00:00Demand for labor in certain occupations has declined, most notably for coders, a field where AI has made significant advances.
00:09Similarly, the unemployment rate for recent college grads has increased over the last few years at a time when some
00:16employers are deploying AI for what has been tasks previously performed by entry-level workers.
00:23Nevertheless, the overall unemployment rate is still low at 4.3%, and recent measures of layoffs remain subdued.
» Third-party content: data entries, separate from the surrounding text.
-- ===== src/Common/Int.antt =====
-- Signed integers over the native numbers, and Go's `int64`: its range and its wrap-around.
use meeseek_collective.Common.Tests.{ltb, leb, if◌then◌else◌}
use Prim.Native.Nat.{ℕ, suc, ◌+◌, ◌-◌, ◌^◌, ◌%◌, ◌≤◌, ◌<◌}
use mathlib.Core.Path.{◌≡◌}
use mathlib.Core.Bool.{Bool}
use native.Mathlib.Omega.{arith}

-- `negsuc n` is -(n + 1).
pub data ℤ : Type 0 where
  pos : ℕ → ℤ
  negsuc : ℕ → ℤ

abbrev pub pos_part : ℤ → ℕ
pos_part (pos n) = n
pos_part (negsuc n) = 0

abbrev pub neg_part : ℤ → ℕ
neg_part (pos n) = 0
neg_part (negsuc n) = suc n

-- a - b, as an integer.
abbrev pub sub_ℕ : ℕ → ℕ → ℤ
sub_ℕ a b = if leb b a then pos (a - b) else negsuc (b - a - 1)

infixl 65 ◌-ℤ◌
infix 50 ◌≤ℤ◌
abbrev pub ◌≤ℤ◌ : ℤ → ℤ → Type 0
a ≤ℤ b = pos_part a + neg_part b ≤ pos_part b + neg_part a

unfoldable pub ◌-ℤ◌ : ℤ → ℤ → ℤ
a -ℤ b = sub_ℕ (pos_part a + neg_part b) (neg_part a + pos_part b)

abbrev pub ltb_ℤ : ℤ → ℤ → Bool
ltb_ℤ a b = ltb (pos_part a + neg_part b) (pos_part b + neg_part a)

abbrev pub leb_ℤ : ℤ → ℤ → Bool
leb_ℤ a b = leb (pos_part a + neg_part b) (pos_part b + neg_part a)

-- The range of `int64`.
abbrev pub Fits64 : ℤ → Type 0
Fits64 z = (pos_part z < 2 ^ 63) × (neg_part z ≤ 2 ^ 63)

-- The 64-bit pattern of an integer, and the `int64` that a pattern stands for.
to_bits : ℤ → ℕ
to_bits (pos n) = n % 2 ^ 64
to_bits (negsuc n) = 2 ^ 64 - 1 - n % 2 ^ 64

of_bits : ℕ → ℤ
of_bits x = if ltb x (2 ^ 63) then pos x else negsuc (2 ^ 64 - 1 - x)

unfoldable pub wrap64 : ℤ → ℤ
unfolding to_bits of_bits
wrap64 z = of_bits (to_bits z)

pub wrap64_fits : (z : ℤ) → Fits64 z → wrap64 z ≡ z
unfolding wrap64
wrap64_fits (pos n) h = ground arith
wrap64_fits (negsuc n) h = ground arith

pub -ℤ_parts :
    (a b : ℤ)
    → pos_part (a -ℤ b) + neg_part a + pos_part b ≡ neg_part (a -ℤ b) + pos_part a + neg_part b
unfolding ◌-ℤ◌
-ℤ_parts a b = ground arith

-- An integer has one part at most.
pub parts_zero : (a : ℤ) → 0 < pos_part a → neg_part a ≡ 0
parts_zero (pos n) h = omega arith
parts_zero (negsuc n) h = omega arith

-- The difference of two numbers fits if it does not fall below the range.
pub sub_fits : (a b : ℕ) → a < 2 ^ 63 → b ≤ a + 2 ^ 63 → Fits64 (pos a -ℤ pos b)
unfolding ◌-ℤ◌
sub_fits a b h k = ground arith

pub sub_pos : (a b c : ℕ) → pos a -ℤ pos b -ℤ pos c ≡ pos a -ℤ pos (b + c)
unfolding ◌-ℤ◌
sub_pos a b c = ground arith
00:33Therefore, we do not yet know the exact evolution of this labor market transition nor its intensity.
00:41To be sure, the AI transition I am contemplating could have profound implications for monetary policy.
00:48It is too early to observe the exact contours, but I am carefully studying several aspects of this transition.
00:57Allow me to briefly raise two issues for consideration.
01:02First, if AI continues to raise productivity, economic growth could remain strong, even as churn in the labor market leads
01:10to an increase in unemployment.
01:13In a productivity boom such as this, a rise in unemployment may not indicate increased slack.
01:20As such, a normal demand-side monetary policy may not be able to ameliorate an AI-caused unemployment spell without
01:29also increasing inflationary pressure.
01:34This means that monetary policymakers would face trade-offs between unemployment and inflation.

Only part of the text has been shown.